At the international level, we watched the legitimacy of American power evaporate in the Oval Office as Trump-the-thug and Vance-the-punk channeled their best impersonation of the Sopranos to bully a vulnerable ally in Ukraine’s Zelensky. It was a classic protection-racket shakedown and was most certainly not how a superpower behaves, but we won’t have to concern ourselves with that designation much longer. As disgusting and disgraceful as their performance was, the larger issue for America is how it sacrifices the legitimacy of our power accumulated since the end of World War II and our victory over the Soviet Union in the Cold War.
Once you act against the truth and your own established values, you become unreliable as an actor in the anarchical international system where reliability and predictability are the only prophylactic to anarchy. Other states—both allies and adversaries—begin to discount and disregard your power. It starts with simple acts of disengagement with the United States, which is now occurring with allies across Europe. Then, adversaries, like Putin and Xi and Kim, and Khamenei move aggressively to seek advantage by attacking their adversaries and forming new bonds with our vulnerable and newly-skeptical allies. Former CIA director Bill Burns warned us that China would be capable of invading Taiwan by 2027. I expect that may now happen sooner. More immediately, expect Putin to increase the scope and magnitude of his attacks on Ukraine, and the Balkans could be next.
Therein lies the slippery slope to a worldwide conflict not, as Trump warned Zelensky, from his refusal to bend and bow to the shakedown in the Oval. A third world war will be on Trump’s head. Moreover, once American legitimacy is gone, no level of coercive power can fix it. Pax Americana—the assurance of peace and prosperity throughout the world led by America—goes poof! Such is the nature of empires: they collapse under their own stupid acts.

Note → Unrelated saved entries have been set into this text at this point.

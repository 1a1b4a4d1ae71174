-- ===== src/Tests/Whole.antt =====
-- Runs of the handlers and of a whole `Reconcile` in the world in memory.
use k8sgrowthbook_controller.Prelude.{◌≡◌, refl, [], ◌∷◌, none, str}
use k8sgrowthbook_controller.Prelude.{text_eq}
use k8sgrowthbook_controller.Api
use k8sgrowthbook_controller.Effects.Runs.{run}
use k8sgrowthbook_controller.Controller.Users.{reconcile_users}
use k8sgrowthbook_controller.Controller.Organizations.{reconcile_organizations}
use k8sgrowthbook_controller.Controller.Features.{reconcile_features}
use k8sgrowthbook_controller.Controller.Clients.{reconcile_clients}
use k8sgrowthbook_controller.Controller.Provider.{mongo_db_provider}
use k8sgrowthbook_controller.Controller.Reconciler.{reconcile_request}
use k8sgrowthbook_controller.Controller.Objects.{object_key}
use k8sgrowthbook_controller.Refinement.Stopping.{StopsAtUser, reconcile_connected_stops}
use k8sgrowthbook_controller.Tests.World.{world_with}
use k8sgrowthbook_controller.Tests.Memory.{refused}
use k8sgrowthbook_controller.Effects.{err}
use k8sgrowthbook_controller.Effects.Runs.{Handler}
use k8sgrowthbook_controller.Controller.Reconciler.{reconcile_connected}
use k8sgrowthbook_controller.Refinement.Handling.{Reconciles}
use k8sgrowthbook_controller.Refinement.Population.{user_line, reconcile_users-Reconciles}
use k8sgrowthbook_controller.Refinement.Membership.{
  organization_line, reconcile_organizations-Reconciles,
}
use k8sgrowthbook_controller.Refinement.Rollout.{feature_line, reconcile_features-Reconciles}
use k8sgrowthbook_controller.Refinement.Access.{client_line, reconcile_clients-Reconciles}
use k8sgrowthbook_controller.Refinement.World.{IsCluster-for}
use k8sgrowthbook_controller.Refinement.Connected.{database_of}
use k8sgrowthbook_controller.Refinement.Requests.{
  Reconciled, reconcile_request-Reconciled, reconcile_request_settles,
}
use k8sgrowthbook_controller.Refinement.Stability.{IsDistinct, IsStable}
use k8sgrowthbook_controller.Refinement.Conclusion.{due}
use k8sgrowthbook_controller.Controller.Reconciler.{ReconcileResult}
use k8sgrowthbook_controller.Effects.{Prog, Error}
use k8sgrowthbook_controller.Effects.Runs.{returned}
use k8sgrowthbook_controller.Tests.World.{State, world_memory, contents}
use k8sgrowthbook_controller.Tests.Apart.{world_with-IsWorld}
use k8sgrowthbook_controller.Tests.Fixtures.{externals, main_instance, ann_with_secret, gone, db}
use k8sgrowthbook_controller.Tests.Fixtures.{acme_with_users, dark_mode, web, ann_secret}
use k8sgrowthbook_controller.Tests.Estate.{
  whole_world, everything, start, users_ready, organizations_ready, tenant, estate, reachable,
  reported, world,
}

reconcile_users-Reconciles_example :
    Reconciles
      (user_line externals world_memory main_instance)
      contents.user_of
      main_instance
      (λ j. j)
      (ann_with_secret ∷ gone ∷ [])
      users_ready
      start
      (run world_memory (reconcile_users externals db main_instance) start)
reconcile_users-Reconciles_example =
    reconcile_users-Reconciles externals db world_memory world.no_documents world.user_bson
      contents.user_of world.user_shelf contents.finalizers world.cluster world.hashes main_instance
      everything (ann_with_secret ∷ gone ∷ []) refl (λ s. refl) users_ready start

reconcile_organizations-Reconciles_example :
    Reconciles
      (organization_line externals world_memory main_instance)
      contents.organization_of
      main_instance
      (λ j. (j, acme_with_users ∷ []))
      (acme_with_users ∷ [])
      organizations_ready
      start
      (run world_memory (reconcile_organizations externals db main_instance) start)
reconcile_organizations-Reconciles_example =
    reconcile_organizations-Reconciles externals db world_memory world.no_documents
      world.organization_bson contents.organization_of world.organization_shelf contents.finalizers
      (IsCluster-for world.organizations_apart world.cluster) main_instance everything
      (acme_with_users ∷ []) refl (λ s. refl) organizations_ready start

reconcile_features-Reconciles_example :
    Reconciles
      (feature_line externals main_instance acme_with_users)
      contents.feature_of
      main_instance
      (λ j. j)
      (dark_mode none ∷ [])
      tenant.features_ready
      start
      (run world_memory (reconcile_features externals db main_instance acme_with_users) start)
reconcile_features-Reconciles_example =
    reconcile_features-Reconciles externals db world_memory world.no_documents world.read_feature
      contents.feature_of world.feature_shelf contents.finalizers
      (IsCluster-for world.features_apart world.cluster) main_instance acme_with_users everything
      everything (dark_mode none ∷ []) refl refl (λ s. refl) tenant.features_ready start

reconcile_clients-Reconciles_example :
    Reconciles
      (client_line world_memory main_instance acme_with_users)
      contents.connection_of
      main_instance
      (λ j. j)
      (web ∷ [])
      tenant.clients_ready
      start
      (run world_memory (reconcile_clients externals db main_instance acme_with_users) start)
reconcile_clients-Reconciles_example =
    reconcile_clients-Reconciles externals db world_memory world.no_documents world.connection_bson
      contents.connection_of world.connection_shelf world.payload_cache contents.finalizers
      (IsCluster-for world.connections_apart world.cluster) main_instance acme_with_users everything
      everything (web ∷ []) refl refl (λ s. refl) tenant.clients_ready start

reconcile_request-Reconciled_example :
    Reconciled externals world_memory contents main_instance reachable
      (whole_world (database_of reachable))
      estate
      reported
      start
      (run world_memory
        (reconcile_request externals
          (mongo_db_provider externals)
          (object_key main_instance.object))
        start)
reconcile_request-Reconciled_example =
    reconcile_request-Reconciled externals world_memory contents main_instance reachable
      (whole_world (database_of reachable)) estate reported main_instance.status
      (object_key main_instance.object) start refl refl

distinct : IsDistinct externals world_memory main_instance estate
unfolding Api.User.get_id Api.Meta.or_name str text_eq
distinct = record {
  users = (refl, (refl, tt));
  organizations = (refl, tt);
  clients = ((refl, tt), λ j _. refl, tt);
}

abbrev request : Prog (ReconcileResult × Error) ReconcileResult
request =
    reconcile_request externals (mongo_db_provider externals) (object_key main_instance.object)

-- The world after the first request.
abbrev later : State
later = (run world_memory request start).1

reconcile_request_settles_example :
    ((run world_memory request later).0 ≡ returned (due main_instance))
    × IsStable contents later (run world_memory request later).1
reconcile_request_settles_example =
    reconcile_request_settles externals world_memory contents main_instance reachable
      (whole_world (database_of reachable)) estate reported main_instance.status
      main_instance.status (object_key main_instance.object) start refl distinct refl refl

-- The user that goes is listed first, and no secret is there.
abbrev secretless : Handler State
secretless = world_with (err refused) (gone ∷ ann_with_secret ∷ [])

reconcile_connected_stops_example :
    StopsAtUser externals db secretless contents
      (world_with-IsWorld (err refused) (gone ∷ ann_with_secret ∷ []) db)
      main_instance
      everything
      (gone ∷ [])
      ann_with_secret
      []
      refl
      (λ s. refl)
      (tt, tt)
      ann_secret
      refused
      refl
      refl
      (λ s. refl)
      start
      (run secretless (reconcile_connected externals db main_instance) start)
reconcile_connected_stops_example =
    reconcile_connected_stops externals db secretless contents
      (world_with-IsWorld (err refused) (gone ∷ ann_with_secret ∷ []) db) main_instance everything
      (gone ∷ []) ann_with_secret [] refl (λ s. refl) (tt, tt) ann_secret refused refl refl
      (λ s. refl) main_instance.status start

I pine for the days of enlightened leadership in our country. Leadership that understands that legitimacy is a paramount concern and that it most easily arises through the service to, and the empowerment of, others. Not by the coercion of others. But that’s not the MAGA world we are stuck with today. After the debacle in the Oval, they were the ones pounding their chests like schoolyard bullies with the occasional flexion of a faux Nazi salute. Lest we forget, it didn’t end well for the Nazis, but it cost the world some seventy-five million lives and destruction that spanned continents. It has taken decades of sacrifice and toil and innovation and creativity (and luck) founded in a deep sense of honor for the United States to become the world’s lone superpower, but it doesn’t take long to lose it. Legitimacy is something you either have, or you don’t. There is no such thing as ‘sort-of’ legitimate.
May God bless the souls of those who sacrificed so much for our country. May the suffering coming to so many Americans today be shallow and short. Today, I feel as many of you do: embarrassed and ashamed. As much as I miss my parents, I am grateful they did not have to see what they and their generation worked so hard to achieve being squandered by an egomaniac.
May we someday restore the legitimacy of what was the greatest nation in the modern era. Maybe our children will be able to rescue us from ourselves and turn our flag right side up, again.